Ireheart was too surprised to respond. He followed Tungdil, who was heading toward a huge door where the dwarf-leader stood; the door itself was covered in gold leaf, and runes picked out in diamonds shone brilliantly. They promised a haven of calm and safety to whoever passed through the doorway.

Four dwarf-sentries stood guard. It was obvious from their relatively slight stature that they were fourthlings; they saluted the new arrivals.

Tungdil and Ireheart stepped into the room one after the other. There was a hexagonal table in the middle, made of a bluish-gray ogre-eye stone. Each of the tribes had a place accorded them, and the freelings had also been included. The bitter enmity of the thirdlings had led to someone shattering the part of the table originally intended for them. Between the secondlings and thirdlings was a gaping hole.

This was not the only thing that struck the eye; only the representatives of the fifthlings and fourthlings were sitting at their places; there was food and drink arrayed on the table in front of them. The delegates of the various clans sat some distance off on stone benches.

Ireheart saw at once how few were gathered there. His courage started to ebb.

As the two of them entered the room, dwarves stood up and bowed their heads.

“Welcome,” said one dwarf, wearing an ornamental silver cuirass with polished gold inlay. He made no secret of his wealth. It would have been difficult to conceal the brilliance of the dazzling jewels on his armor. He had long blond hair, his sideburns reached to his chest, while the beard on his chin curled down all the way to his belt; the remaining facial hair was smartly trimmed to a finger’s length. “I am Frandibar Gemholder of the clan of the Gold Beaters and I am king of the fourthlings. I bid you both welcome, Tungdil Goldhand and Boindil Doubleblade, and am glad to be the first in Girdlegard to receive the heroes of our race.
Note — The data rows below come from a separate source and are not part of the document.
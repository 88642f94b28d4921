-- ===== src/Client/Network/Landed.antt =====
-- packages/client/src/rpc.ts: what a send has seen where it answers with a signature.
use vadum.Base.{
  ℕ, zero, suc, ◌+◌, ◌≡◌, refl, sym, ap, ◌∙◌, Bool, true, false, not, ◌&&◌, ◌⊎◌, inl, inr, Option,
  none, some, some-injective, ltb, if◌then◌else◌, Bool-cases,
}
use vadum.Base.Text.{Text}
use vadum.Client.Submit.{PaymentLifetime}
use vadum.Client.Network.Retry.{
  Thrown, Answer, answered, threw, is_retryable, is_subscription_failure, with_retry,
}
use vadum.Client.Network.Confirm.{
  confirm_timeout, Confirmation, processed, confirmed, finalized, Status, Node, Turn, stops, waits,
  reached, read_status, or_wait, did_not_confirm, executed_and_failed, poll, poll_after,
  broadcast_and_poll, Confirmers, confirm, after_confirm, send_payment,
}

answered-injective : {A : Type 0} {x y : A} → answered x ≡ answered y → x ≡ y
answered-injective {x = x} h = ap (λ a. elim a [ answered z ↦ z | threw t ↦ x ]) h

-- A status request that saw the transaction confirmed, and not failed.
pub record Seen (node : Node) : Type 0 where
  pub turn : ℕ
  pub status : Status
  pub read : with_retry (node.statuses turn) ≡ answered (some status)
  pub not_failed : status.has_failed ≡ false
  pub deep : (status.confirmation ≡ some confirmed) ⊎ (status.confirmation ≡ some finalized)

module _ (node : Node) (signature : Text) where
  stops_at : {s : Text} → stops (answered signature) ≡ stops (answered s) → s ≡ signature
  stops_at h =
      sym (answered-injective (ap (λ t. elim t [ stops a ↦ a | waits ↦ answered signature ]) h))

  reached-deep :
      (c : Option Confirmation) (s : Text)
      → reached signature c ≡ stops (answered s)
      → (s ≡ signature) × ((c ≡ some confirmed) ⊎ (c ≡ some finalized))
  unfolding reached
  reached-deep none s h = absurd (cc h)
  reached-deep (some processed) s h = absurd (cc h)
  reached-deep (some confirmed) s h = (stops_at h, inl refl)
  reached-deep (some finalized) s h = (stops_at h, inr refl)

  read_status-Seen :
      (turn : ℕ) (a : Answer (Option Status)) (s : Text)
      → with_retry (node.statuses turn) ≡ a
      → read_status signature a ≡ stops (answered s)
      → (s ≡ signature) × Seen node
  unfolding read_status
  read_status-Seen turn (threw t) s e h = absurd (cc h)
  read_status-Seen turn (answered none) s e h = absurd (cc h)
  read_status-Seen turn (answered (some st)) s e h = elim (Bool-cases st.has_failed) [
    | inl f ↦ absurd (cc (f, h))
    | inr f ↦
        let same : read_status signature (answered (some st)) ≡ reached signature st.confirmation =
          unfold read_status in rw f in
        let (named, deep) = reached-deep st.confirmation s (sym same ∙ fold_read st h) in
        (named, record { turn = turn; status = st; read = e; not_failed = f; deep = deep })
  ]
    where
      fold_read :
          (st : Status)
          → (if st.has_failed
              then stops (threw executed_and_failed)
              else reached signature st.confirmation)
            ≡ stops (answered s)
          → read_status signature (answered (some st)) ≡ stops (answered s)
      fold_read st h = unfold read_status in h

  or_wait-cases :
      (t : Turn) (rest : Option (Answer Text)) (a : Answer Text)
      → or_wait t rest ≡ some a
      → (t ≡ stops a) ⊎ (rest ≡ some a)
  or_wait-cases (stops b) rest a h = inl (ap stops (some-injective h))
  or_wait-cases waits rest a h = inr h

  poll-early :
      (fuel turn : ℕ)
      → ltb (node.clock turn) (node.started_at + confirm_timeout) ≡ true
      → poll node signature (suc fuel) turn
        ≡ or_wait
            (read_status signature (with_retry (node.statuses turn)))
            (poll node signature fuel (suc turn))
  unfolding poll
  poll-early fuel turn early = rw early

  poll-late :
      (fuel turn : ℕ)
      → ltb (node.clock turn) (node.started_at + confirm_timeout) ≡ false
      → poll node signature (suc fuel) turn ≡ some (threw did_not_confirm)
  unfolding poll
  poll-late fuel turn over = rw over

  poll-Seen :
      (fuel turn : ℕ) (s : Text)
      → poll node signature fuel turn ≡ some (answered s)
      → (s ≡ signature) × Seen node
  poll-Seen zero turn s h = absurd (unfold poll in cc h)
  poll-Seen (suc fuel) turn s h =
      elim (Bool-cases (ltb (node.clock turn) (node.started_at + confirm_timeout))) [
        | inr over ↦ absurd (let e = sym (poll-late fuel turn over) ∙ h in cc e)
        | inl early ↦
            elim (or_wait-cases (read_status signature (with_retry (node.statuses turn))) _
              (answered s) (sym (poll-early fuel turn early) ∙ h)) [
                | inl stop ↦ read_status-Seen turn _ s refl stop
                | inr rest ↦ poll-Seen fuel (suc turn) s rest
              ]
      ]

  poll_after-Seen :
      (fuel : ℕ) (sent : Answer (Unit {0})) (s : Text)
      → poll_after node signature fuel sent ≡ some (answered s)
      → (s ≡ signature) × Seen node
  unfolding poll_after
  poll_after-Seen fuel (threw t) s h = absurd (cc (some-injective h))
  poll_after-Seen fuel (answered u) s h = poll-Seen fuel 0 s h

  broadcast_and_poll-Seen :
      (fuel : ℕ) (skip : Bool) (s : Text)
      → broadcast_and_poll node signature fuel skip ≡ some (answered s)
      → (s ≡ signature) × Seen node
  unfolding broadcast_and_poll
  broadcast_and_poll-Seen fuel skip s h = poll_after-Seen fuel _ s h

  after_confirm-again :
      (fuel : ℕ) (t : Thrown)
      → (not (is_subscription_failure t) && not (is_retryable t)) ≡ false
      → after_confirm node signature fuel (some (threw t))
        ≡ broadcast_and_poll node signature fuel false
  unfolding after_confirm
  after_confirm-again fuel t e = rw e

  after_confirm-Seen :
      (fuel : ℕ) (watched : Option (Answer (Unit {0}))) (s : Text)
      → after_confirm node signature fuel watched ≡ some (answered s)
      → (s ≡ signature) × ((watched ≡ some (answered tt)) ⊎ Seen node)
  unfolding after_confirm
  after_confirm-Seen fuel none s h = absurd (cc h)
  after_confirm-Seen fuel (some (answered u)) s h =
      (sym (answered-injective (some-injective h)), inl refl)
  after_confirm-Seen fuel (some (threw t)) s h =
      elim (Bool-cases (not (is_subscription_failure t) && not (is_retryable t))) [
        | inl e ↦ absurd (cc (e, h))
        | inr e ↦
            let (named, seen) =
              broadcast_and_poll-Seen fuel false s (sym (after_confirm-again fuel t e) ∙ h) in
            (named, inr seen)
      ]

  -- Where `sendPayment` answers with a signature, it is that of the transaction, and either the
  -- confirmer of kit for its lifetime succeeded, or a status request saw the transaction without
  -- an error and confirmed or finalized.
  pub send_payment-Seen :
      (fuel : ℕ) (kit : Confirmers) (lifetime : PaymentLifetime) (skip : Bool) (s : Text)
      → send_payment node signature fuel kit lifetime skip ≡ some (answered s)
      → (s ≡ signature) × ((confirm kit lifetime ≡ some (answered tt)) ⊎ Seen node)
  unfolding send_payment
  send_payment-Seen fuel kit lifetime true s h =
      let (named, seen) = broadcast_and_poll-Seen fuel true s h in (named, inr seen)
  send_payment-Seen fuel kit lifetime false s h = after_confirm-Seen fuel _ s h
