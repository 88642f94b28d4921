-- ===== src/Client/Network/Examples.antt =====
-- A throttled node: two requests are refused, and a transaction confirms at the second look.
use vadum.Base.{
  ℕ, suc, ◌+◌, ◌*◌, ◌≤◌, ◌≡◌, refl, false, ◌⊎◌, none, some, [], arith, ltb, if◌then◌else◌,
}
use vadum.Base.Int.{pos}
use vadum.Base.Number.{from_nat}
use vadum.Base.Text.{Text, codes, text_eq}
use vadum.Core.Errors.{foreign, vadum_error, mint_incompatible, ok, err}
use vadum.Core.Mint.Evaluate.{RawMintData, integer_of, evaluate_mint}
use vadum.Core.Mint.Json.{null, number, string, array, object, no_items, no_fields, field, get}
use vadum.Core.Types.{MintRecord}
use vadum.Client.Network.Attempts.{Attempted, with_retry-Attempted}
use vadum.Client.Network.Confirm.{
  confirmed, Node, Confirmers, confirm, after_confirm, send_payment, broadcast_and_poll, poll_after,
  poll, read_status, reached,
}
use vadum.Client.Network.Ends.{Hangs, send_payment-ends}
use vadum.Client.Network.Evaluable.{get_mint_account-evaluates}
use vadum.Client.Network.Landed.{Seen, send_payment-Seen}
use vadum.Client.Network.Project.{
  AccountInfo, program_by_owner, field_of, or_null, project_extensions, project_info, project_owned,
  project_mint,
}
use vadum.Client.Network.Requests.{Requests, fetched_account, get_mint_account}
use vadum.Client.Network.Retry.{
  Thrown, Answer, answered, threw, is_retryable, is_subscription_failure, retry_from, with_retry,
  result_of,
}
use vadum.Client.Submit.{PaymentLifetime, by_nonce}

abbrev throttled : Thrown
throttled = record { status_code = some 429; kit_code = none; message = []; failure = foreign }

-- The first two attempts are refused.
abbrev third_time : {A : Type 0} → A → ℕ → Answer A
third_time a n = if ltb n 3 then threw throttled else answered a

with_retry-Attempted_example :
    (more : ℕ) × Attempted {A = ℕ} (third_time 7) 1 4 (with_retry (third_time 7)) more
with_retry-Attempted_example = with_retry-Attempted {A = ℕ} (third_time 7)

abbrev node : Node
node = record {
  sends = λ skip. third_time tt;
  started_at = 0;
  clock = λ i. i * 2000;
  statuses = λ turn n. answered (
      if ltb turn 1
      then none
      else some (record { has_failed = false; confirmation = some confirmed }));
}

abbrev no_socket : Thrown
no_socket = record {
  status_code = none;
  kit_code = some 8_190_004;
  message = [];
  failure = foreign;
}

abbrev confirmers : Confirmers
confirmers = record {
  by_durable_nonce = λ lifetime. some (threw no_socket);
  by_block_height = λ lifetime. some (threw no_socket);
}

abbrev lifetime : PaymentLifetime
lifetime = by_nonce (codes "value") (codes "account") (codes "payer")

ticks : (i : ℕ) → i * 2000 + 2000 ≤ suc i * 2000
ticks i = omega arith

send_payment-ends_example :
    ((a : Answer Text) × (send_payment node (codes "signature") 46 confirmers lifetime false
        ≡ some a))
    ⊎ Hangs node (codes "signature") confirmers lifetime false
send_payment-ends_example =
    send_payment-ends node (codes "signature") confirmers lifetime false ticks (omega arith)

abbrev silent : Confirmers
silent = record { by_durable_nonce = λ lifetime. none; by_block_height = λ lifetime. none }

waits_for_ever : send_payment node (codes "signature") 46 silent lifetime false ≡ none
unfolding send_payment after_confirm confirm
waits_for_ever = refl

sends_by_polling :
    send_payment node (codes "signature") 46 confirmers lifetime false
    ≡ some (answered (codes "signature"))
unfolding send_payment after_confirm confirm is_subscription_failure broadcast_and_poll poll_after
    with_retry retry_from is_retryable poll read_status reached
sends_by_polling = refl

send_payment-Seen_example :
    (codes "signature" ≡ codes "signature")
    × ((confirm confirmers lifetime ≡ some (answered tt)) ⊎ Seen node)
send_payment-Seen_example =
    send_payment-Seen node (codes "signature") 46 confirmers lifetime false (codes "signature")
      sends_by_polling

abbrev account : AccountInfo
account = record {
  owner = codes "TokenzQdBNbLqP5VEhdkAS6EPFLC1PHnBqCXEpPxuEb";
  account_data = object (
      field (codes "parsed")
        (object (
          field (codes "info") (object (field (codes "decimals") (number (from_nat 6)) no_fields))
            no_fields))
        no_fields);
}

abbrev requests : Requests
requests = record {
  nonce_size = 80;
  rent = λ size n. answered (pos 1);
  account_info = λ mint. third_time (some account);
  nonce_data = λ address n. answered none;
  token_data = λ ata n. answered none;
  balance_of = λ address n. answered (pos 0);
  fails = λ signature n. answered none;
  latest_blockhash = λ n. answered (codes "hash");
}

abbrev raw : RawMintData
raw = record {
  mint = codes "mint";
  token_program = string (codes "token-2022");
  decimals = number (from_nat 6);
  freeze_authority = null;
  extensions = array no_items;
}

fetched : get_mint_account requests 100 (codes "mint") ≡ ok (raw, 100)
unfolding get_mint_account result_of with_retry retry_from is_retryable fetched_account project_mint
    project_owned program_by_owner text_eq project_info field_of get or_null project_extensions
fetched = refl

get_mint_account-evaluates_example :
    ((m : MintRecord) × (evaluate_mint raw 100 ≡ ok m))
    ⊎ ((integer_of raw.decimals ≡ none)
        × (evaluate_mint raw 100 ≡ err (vadum_error mint_incompatible)))
get_mint_account-evaluates_example =
    get_mint_account-evaluates requests (codes "mint") 100 100 raw fetched
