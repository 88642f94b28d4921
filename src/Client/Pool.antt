-- ===== src/Client/Pool.antt =====
-- packages/client/src/pool.ts: the nonce pool, the single owner of the payer's slot state.
pub mod State
pub mod Memory
pub mod Offline
pub mod Chain
pub mod Online
pub mod SpendSums
pub mod SpendBounds
pub mod Keeps
pub mod Attempt
pub mod SpendLimit
pub mod Handover
pub mod Reservations
pub mod Refills
pub mod Returns
mod Examples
It is truly a great honor!” He approached them, stretching out his hand to Tungdil.

The one-eyed dwarf studied the king as if he were dealing with some leprous supplicant. He had to force himself to hold out his own hand, doing so slowly and reluctantly. Ireheart sighed, showing himself eager to greet the king in contrast, and giving a strong handshake.

Then a second dwarf came over from the table. His wavy dark-brown hair was worn in a plait, his beard was short and, in contrast to the ruler of the fourthlings, he wore combat dress that seemed to be a cross between chain mail and lamellar armor. On his weapons belt hung a two-headed morning star studded with spikes, and at his left side there was short-handled throwing ax.

His figure was impressively muscular. The fifthlings were a mixture of different dwarf-tribes and had accepted the heritage of the Gray Range. The original fifthlings, the defenders of the Stone Gate, had all died out, so Ireheart hazarded a guess that this dwarf’s ancestors had been firstlings or secondlings.